Top of RECORDED INFORMATION

-- ===== src/Metastore.antt =====
-- The metadata store: internal/metastore/contract.go and internal/metastore/sqlite, over the schema
-- of migration/sqlite.go. The tables and the statements are here; `Tx` runs them, `Store` is the
-- store handle.
pub mod Tables
pub mod Sql
pub mod Tx
pub mod Store
pub mod Handle
pub mod Keeps
pub mod References
pub mod Valid
pub mod Integrity
pub mod Atomic
pub mod Blobs
pub mod Manifests
pub mod Listing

Bottom of RECORDED INFORMATION

WHAT YOU ARE ASKED TO DO>
Reproduce the material above without altering a single character.

WRITTEN ANSWER>
-- ===== src/Metastore.antt =====
-- The metadata store: internal/metastore/contract.go and internal/metastore/sqlite, over the schema
-- of migration/sqlite.go. The tables and the statements are here; `Tx` runs them, `Store` is the
-- store handle.
pub mod Tables
pub mod Sql
pub mod Tx
pub mod Store
pub mod Handle
pub mod Keeps
pub mod References
pub mod Valid
pub mod Integrity
pub mod Atomic
pub mod Blobs
pub mod Manifests
pub mod Listing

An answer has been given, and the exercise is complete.